= The Agitators: The Story of Susan B. Anthony and Frederick Douglass =

Theatre play about American abolitionists

The Agitators: The Story of Susan B. Anthony and Frederick Douglass is a play which was later adapted into a podcast.

== Background ==
The play was created in 2017 by Mat Smart and directed by Valeria Curtis-Newton. The work was commissioned by the New York State Council on the Arts. The play begins with Frederick Douglass playing the violin and Susan B. Anthony at a picnic. The play stars Curtis M. Jackson as Frederick Douglass and Jessica Link as Susan B. Anthony. The play was produced by the Alabama Shakespeare Festival. The play follows the friendship between Frederick Douglass and Susan B. Anthony over the course of a 45 year period.
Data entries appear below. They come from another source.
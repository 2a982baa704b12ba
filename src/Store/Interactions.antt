-- ===== src/Store/Interactions.antt =====
-- The interactions of harness/storage/store.py: questions to the user, one for a request key.
use mi_harness.Prelude.{
  has_some, ℕ, ◌+◌, String, Bool, true, false, not, ◌&&◌, Option, none, some, List, [], ◌∷◌, ◌++◌,
  leb, ◌==◌, same, same?, is_some, select, any, all, find_row, update_rows, order_by,
}
use mi_harness.Exec.{
  Code, pure, gets, transaction, modify, new_id, utc_now, ◌>>=◌, ◌>>◌, require, or_raise, not_found,
  revision_conflict, integrity, value_error,
}
use mi_harness.Core.{ExecutionContext, CheckpointRef}
use mi_harness.Store.Schema.{
  InteractionStatus, InteractionPayload, Resolution, InteractionRow, Database, Db,
}
use mi_harness.Store.Runs.{assert_fence}

abbrev pub interaction_code : InteractionStatus → ℕ
interaction_code InteractionStatus.pending_binding = 0
interaction_code InteractionStatus.opened = 1
interaction_code InteractionStatus.resolved = 2
interaction_code InteractionStatus.expired = 3
interaction_code InteractionStatus.cancelled = 4

-- The status is in {"pending_binding", "open"}.
abbrev pub is_pending : InteractionStatus → Bool
is_pending InteractionStatus.pending_binding = true
is_pending InteractionStatus.opened = true
is_pending _ = false

abbrev pub with_interaction_id : String → InteractionRow → Bool
with_interaction_id identity i = same i.id identity

abbrev pub find_interaction : String → Database → Option InteractionRow
find_interaction identity d = find_row (with_interaction_id identity) d.interactions

-- Store.interaction
unfoldable pub interaction : String → Db InteractionRow
interaction identity = do found ← gets (find_interaction identity); or_raise not_found found

abbrev with_request_key : String → String → InteractionRow → Bool
with_request_key run_id key i = same i.run_id run_id && same i.request_key key

new_interaction :
    ExecutionContext → String → String → InteractionPayload → Option ℕ → Db InteractionRow
new_interaction ctx key kind payload expires_at = do
  identity ← new_id
  now ← utc_now
  taken ← gets (λ d. is_some (find_interaction identity d))
  require (not taken) integrity
  modify (λ d. record d {
    interactions =
        d.interactions
        ++ record {
          id = identity;
          run_id = ctx.run_id;
          request_key = key;
          interrupt_id = none;
          checkpoint_ref = none;
          input_revision = ctx.input_revision;
          kind = kind;
          status = InteractionStatus.pending_binding;
          revision = 1;
          payload = payload;
          resolution = none;
          expires_at = expires_at;
          created_at = now;
        }
          ∷ [];
  })
  interaction identity

known_or_new :
    Option InteractionRow
    → ExecutionContext
    → String
    → String
    → InteractionPayload
    → Option ℕ
    → Db InteractionRow
known_or_new (some i) ctx key kind payload expires_at = pure i
known_or_new none ctx key kind payload expires_at = new_interaction ctx key kind payload expires_at

-- Store.prepare_interaction
unfoldable pub prepare_interaction :
    ExecutionContext → String → String → InteractionPayload → Option ℕ → Db InteractionRow
unfolding known_or_new new_interaction
prepare_interaction ctx key kind payload expires_at = transaction (do
  assert_fence ctx false
  found ← gets (λ d. find_row (with_request_key ctx.run_id key) d.interactions)
  known_or_new found ctx key kind payload expires_at)

-- Store.interactions
unfoldable pub interactions : String → Db (List InteractionRow)
interactions run_id = gets (λ d.
    order_by (λ (a b : InteractionRow). leb a.created_at b.created_at)
      (select (λ (i : InteractionRow). same i.run_id run_id) d.interactions))

-- The keys of a patch of `update_interaction`.
pub data InteractionField : Type 0 where
  interrupt_id : String → InteractionField
  checkpoint_ref : CheckpointRef → InteractionField
  status : InteractionStatus → InteractionField
  resolution : Resolution → InteractionField
  other : String → InteractionField

abbrev pub is_interaction_field : InteractionField → Bool
is_interaction_field (InteractionField.other k) = false
is_interaction_field _ = true

unfoldable pub set_interaction_field : InteractionField → InteractionRow → InteractionRow
set_interaction_field (InteractionField.interrupt_id k) i = record i { interrupt_id = some k }
set_interaction_field (InteractionField.checkpoint_ref c) i = record i { checkpoint_ref = some c }
set_interaction_field (InteractionField.status s) i = record i { status = s }
set_interaction_field (InteractionField.resolution r) i = record i { resolution = some r }
set_interaction_field (InteractionField.other k) i = i

unfoldable pub set_interaction_fields : List InteractionField → InteractionRow → InteractionRow
unfolding set_interaction_field
set_interaction_fields [] i = i
set_interaction_fields (f ∷ fs) i = set_interaction_fields fs (set_interaction_field f i)

abbrev pub interaction_at : String → ℕ → InteractionRow → Bool
interaction_at identity expected i = same i.id identity && i.revision == expected

abbrev pub touch_interaction : List InteractionField → InteractionRow → InteractionRow
touch_interaction patch i =
    let t = set_interaction_fields patch i in record t { revision = t.revision + 1 }

-- The unique triple (run, interrupt, input revision) of the table, where an interrupt is given.
abbrev clashes_with : InteractionRow → InteractionRow → Bool
clashes_with i x =
    not (same x.id i.id)
    && same x.run_id i.run_id
    && is_some x.interrupt_id
    && same? x.interrupt_id i.interrupt_id
    && x.input_revision == i.input_revision

abbrev keeps_unique : Option InteractionRow → List InteractionField → Database → Bool
keeps_unique none patch d = true
keeps_unique (some i) patch d =
    not (any (clashes_with (set_interaction_fields patch i)) d.interactions)

-- Store.update_interaction
unfoldable pub update_interaction : String → ℕ → List InteractionField → Db InteractionRow
update_interaction identity expected patch = do
  require (all is_interaction_field patch) value_error
  require (has_some patch) Code.other_error
  row ← gets (λ d. find_row (interaction_at identity expected) d.interactions)
  unique ← gets (keeps_unique row patch)
  require unique integrity
  modify (λ d. record d {
    interactions =
        update_rows (interaction_at identity expected) (touch_interaction patch) d.interactions;
  })
  require (is_some row) revision_conflict
  interaction identity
The play was performed soon after restrictions had been lifted during the COVID-19 pandemic. In 2020, the play was directed by Signe Harriday. The play won a 2017 Edgerton Foundation New Play Award.

== Adaptation ==
The show was later adapted into a podcast hosted by Ashley C. Ford. The podcast was produced by the National Park Service, Public Radio Exchange, and the Women's Suffrage Centennial Commission. The podcast debuted on November 18, 2020 and starred Cedric Mays as Frederick Douglass and Madeleine Lambert as Susan B. Anthony.